We express no view as to the outcome of the individualized qualified immunity inquiries to be conducted on remand.
IV. CONCLUSION
We vacate the district court’s decision and remand this case to the district court to apply the correct deliberate indifference standard to analysis of the prospective liability of each Appellant.
VACATED AND REMANDED.
Notes
. Fabregas falsely declared on his foster-care license application that he had never been convicted of a felony. On May 6, 1998, Fabregas moved the court for a certificate of rehabilitation, which enabled him to be licensed regardless of his criminal history.
. Fabregas attached his extensive criminal history to his motion.
. On May 8, 1998, prior to DSHS issuing Fabregas' foster-care license, the King County Superior Court entered a permanency planning order placing Monica with Fabregas.
. A CPS referral addresses child abuse or neglect and investigations are concluded as either founded, unfounded, or inconclusive. A licensing referral addresses violations of regulations or policies and investigations are concluded as valid or invalid.

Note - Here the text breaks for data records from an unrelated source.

-- ===== src/Pool/Shared/Conserves.antt =====
-- What the workers of a pool of either kind have counted.
use dpi_engine_python.Balancer.{FlowKey, get_worker}
use dpi_engine_python.Prelude.{
  ℕ, zero, suc, ◌+◌, ◌<◌, ◌≡◌, refl, ap, ◌∙◌, subst, inl, inr, Bool, true, false, Option, none,
  some, List, [], ◌∷◌, arith, Bool-cases, length, length-append,
}
use dpi_engine_python.Prelude.Eq.{◌==◌, nat_eq, beq-eq-true}
use dpi_engine_python.Prelude.Result.{Result, ok}
use dpi_engine_python.Worker.{new_worker}
use dpi_engine_python.Worker.Counted.{
  IsCounted, new_worker-IsCounted, start-IsCounted, stop-IsCounted, state-IsCounted, push-IsCounted,
  IsCounted-joined, work-IsCounted,
}
use dpi_engine_python.Pool.{
  WorkerPool, worker_pool, is_drained, submit, Event, starts, submits, works, stops, happen,
}
use dpi_engine_python.Pool.History.{sent, sent-cons}
use dpi_engine_python.Pool.Outcome.{
  joined_at, submissions, sent-assigned, handled_below, assigned_below, assigned_all,
}
use dpi_engine_python.Pool.Shared.{
  Made, made_with, make_pool, happen_shared, happen_in, happen_all_in,
}

add-zero : (n : ℕ) → n + 0 ≡ n
add-zero n = omega arith

zero-add : (n : ℕ) → 0 + n ≡ n
zero-add n = omega arith

module _ {I R S : Type 0} where
  -- The pool that the constructor makes has workers with nothing counted.
  make_pool-made :
      (n : ℕ) (state : Option S) (factory : Option (ℕ → S)) (m : Made I R S)
      → make_pool n state factory ≡ ok m
      → (0 < n) × (m.pool.worker_count ≡ n) × ((i : ℕ) → IsCounted 0 (m.pool.workers i))
  unfolding make_pool made_with worker_pool
  make_pool-made n state (some f) m made = elim (Bool-cases (n == 0)) [
    | inl zero_count ↦ absurd (ground arith)
    | inr positive ↦
        let same : m.pool ≡ record { worker_count = n; workers = λ j. new_worker j (f j) } =
          ground arith in
        (ground arith, rw same refl, rw same (λ i. new_worker-IsCounted i (f i)))
  ]
  make_pool-made n (some state) none m made = elim (Bool-cases (n == 0)) [
    | inl zero_count ↦ absurd (ground arith)
    | inr positive ↦
        let same : m.pool ≡ record { worker_count = n; workers = λ j. new_worker j state } =
          ground arith in
        (ground arith, rw same refl, rw same (λ i. new_worker-IsCounted i state))
  ]
  make_pool-made n none none m made = absurd (ground arith)

module _ {I R S : Type 0} (processor : S → I → Result R × S) where
  submit-IsCounted :
      (n i received : ℕ) (pool : WorkerPool I R S) (flow : FlowKey) (item : I)
      → pool.worker_count ≡ n
      → IsCounted received (pool.workers i)
      → IsCounted
          (received + length (sent n i (submits flow item ∷ [])))
          ((submit pool flow item).0.workers i)
  unfolding submit
  submit-IsCounted n i received pool flow item e c = elim (Bool-cases (get_worker n flow == i)) [
    | inr other ↦ rw (e, other, add-zero received) c
    | inl mine ↦
        let here = beq-eq-true (get_worker n flow) i mine in
        let one : received + 1 ≡ suc received = omega arith in
        let (done, counted) = push-IsCounted received (pool.workers i) item c in
        rw (e, mine, here) (rw (done, one) counted)
  ]

  works-IsCounted :
      (i j received : ℕ) (pool : WorkerPool I R S)
      → IsCounted received (pool.workers i)
      → IsCounted received ((happen processor pool (works j)).workers i)
  unfolding happen
  works-IsCounted i j received pool c = elim (Bool-cases (j == i)) [
    | inr other ↦ rw other c
    | inl mine ↦
        rw (mine, beq-eq-true j i mine) (work-IsCounted processor received (pool.workers i) c)
  ]

  happen-IsCounted :
      (n i received : ℕ) (pool : WorkerPool I R S) (event : Event I)
      → pool.worker_count ≡ n
      → IsCounted received (pool.workers i)
      → IsCounted
          (received + length (sent n i (event ∷ [])))
          ((happen processor pool event).workers i)
  unfolding happen
  happen-IsCounted n i received pool (submits flow item) e c =
      submit-IsCounted n i received pool flow item e c
  happen-IsCounted n i received pool starts e c =
      rw (add-zero received) (start-IsCounted received (pool.workers i) c)
  happen-IsCounted n i received pool (works j) e c =
      rw (add-zero received) (works-IsCounted i j received pool c)
  happen-IsCounted n i received pool stops e c =
      rw (add-zero received) (stop-IsCounted received (pool.workers i) c)

  -- One event in a pool of either kind.
  happen_in-IsCounted :
      (shared : Bool) (n i received : ℕ) (pool : WorkerPool I R S) (event : Event I)
      → pool.worker_count ≡ n
      → IsCounted received (pool.workers i)
      → IsCounted
          (received + length (sent n i (event ∷ [])))
          ((happen_in processor shared pool event).workers i)
  unfolding happen_shared
  happen_in-IsCounted false n i received pool event e c =
      happen-IsCounted n i received pool event e c
  happen_in-IsCounted true n i received pool (works j) e c =
      let next = happen processor pool (works j) in
      state-IsCounted (received + 0) (next.workers i) (next.workers j).state
        (happen-IsCounted n i received pool (works j) e c)
  happen_in-IsCounted true n i received pool starts e c =
      happen-IsCounted n i received pool starts e c
  happen_in-IsCounted true n i received pool (submits flow item) e c =
      happen-IsCounted n i received pool (submits flow item) e c
  happen_in-IsCounted true n i received pool stops e c =
      happen-IsCounted n i received pool stops e c

  happen_in-count :
      (shared : Bool) (pool : WorkerPool I R S) (event : Event I)
      → (happen_in processor shared pool event).worker_count ≡ pool.worker_count
  unfolding happen_shared happen submit
  happen_in-count true pool starts = refl
  happen_in-count true pool (submits flow item) = refl
  happen_in-count true pool (works j) = refl
  happen_in-count true pool stops = refl
  happen_in-count false pool starts = refl
  happen_in-count false pool (submits flow item) = refl
  happen_in-count false pool (works j) = refl
  happen_in-count false pool stops = refl

  happen_all_in-IsCounted :
      (shared : Bool) (n i received : ℕ) (pool : WorkerPool I R S) (events : List (Event I))
      → pool.worker_count ≡ n
      → IsCounted received (pool.workers i)
      → IsCounted
          (received + length (sent n i events))
          ((happen_all_in processor shared pool events).workers i)
  unfolding happen_all_in
  happen_all_in-IsCounted shared n i received pool [] e c = rw (add-zero received) c
  happen_all_in-IsCounted shared n i received pool (event ∷ events) e c =
      let now = happen_in-IsCounted shared n i received pool event e c in
      let later =
        happen_all_in-IsCounted shared n i (received + length (sent n i (event ∷ [])))
          (happen_in processor shared pool event) events (happen_in-count shared pool event ∙ e)
          now in
      let split : received + length (sent n i (event ∷ [])) + length (sent n i events)
          ≡ received + length (sent n i (event ∷ events)) =
        rw (sent-cons n i event events)
          (omega (arith, length-append (sent n i (event ∷ [])) (sent n i events))) in
      subst
        (λ r. IsCounted r (
          (happen_all_in processor shared (happen_in processor shared pool event) events).workers
            i))
        split later

  happen_all_in-count :
      (shared : Bool) (pool : WorkerPool I R S) (events : List (Event I))
      → (happen_all_in processor shared pool events).worker_count ≡ pool.worker_count
  unfolding happen_all_in
  happen_all_in-count shared pool [] = refl
  happen_all_in-count shared pool (event ∷ events) =
      happen_all_in-count shared (happen_in processor shared pool event) events
      ∙ happen_in-count shared pool event

  handled_sent :
      (count n : ℕ) (pool : WorkerPool I R S) (events : List (Event I))
      → ((i : ℕ)
          → i < n
          → (pool.workers i).processed_count + (pool.workers i).error_count
            ≡ length (sent count i events))
      → handled_below n pool.workers ≡ assigned_below count n (submissions events)
  handled_sent count zero pool events h = refl
  handled_sent count (suc n) pool events h =
      let before = handled_sent count n pool events (λ i lt. h i (omega arith)) in
      let last = h n (omega arith) ∙ ap length (sent-assigned count n events) in
      omega (arith, before, last)

  -- No item is lost and none is counted twice, in a pool whose workers have processors of their own
  -- and in one whose workers share a processor: once a new pool is drained, the items processed and
  -- the items that failed add up to the items submitted.
  pub make_pool-conserves :
      (n : ℕ) (state : Option S) (factory : Option (ℕ → S)) (m : Made I R S)
      (events : List (Event I))
      → make_pool n state factory ≡ ok m
      → is_drained (happen_all_in processor m.is_shared m.pool events) ≡ true
      → handled_below n (happen_all_in processor m.is_shared m.pool events).workers
        ≡ length (submissions events)
  unfolding is_drained
  make_pool-conserves n state factory m events made drained =
      let (positive, count, fresh) = make_pool-made n state factory m made in
      let last = happen_all_in processor m.is_shared m.pool events in
      let same = happen_all_in-count m.is_shared m.pool events ∙ count in
      handled_sent n n last events (λ i lt.
        IsCounted-joined (0 + length (sent n i events)) (last.workers i)
          (happen_all_in-IsCounted m.is_shared n i 0 m.pool events count (fresh i))
          (joined_at n i last.workers (rw same at drained) lt)
        ∙ zero-add (length (sent n i events)))
      ∙ assigned_all n (submissions events) positive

. Lydia was facing criminal charges at the time.
. Ellis Amdur conducted the assessment and recommended that Fabregas adopt both Ruth and Estera.
. Lydia changed her name from "Lydia Ta-mas" to "Diana Smith." For consistency, this opinion uses "Lydia.”
. Appellees maintain that Appellants’ failure to follow state law regarding reporting child abuse allegations to law enforcement supports their claims under § 1983. However, to state a claim under § 1983, a plaintiff must "allege the deprivation of a right secured by the
federal
Constitution or statutory law ...”
Lone Star Sec. & Video, Inc. v. City of Los Angeles,
. There does not appear to be authority from the United States Supreme Court or our circuit specifically addressing this point.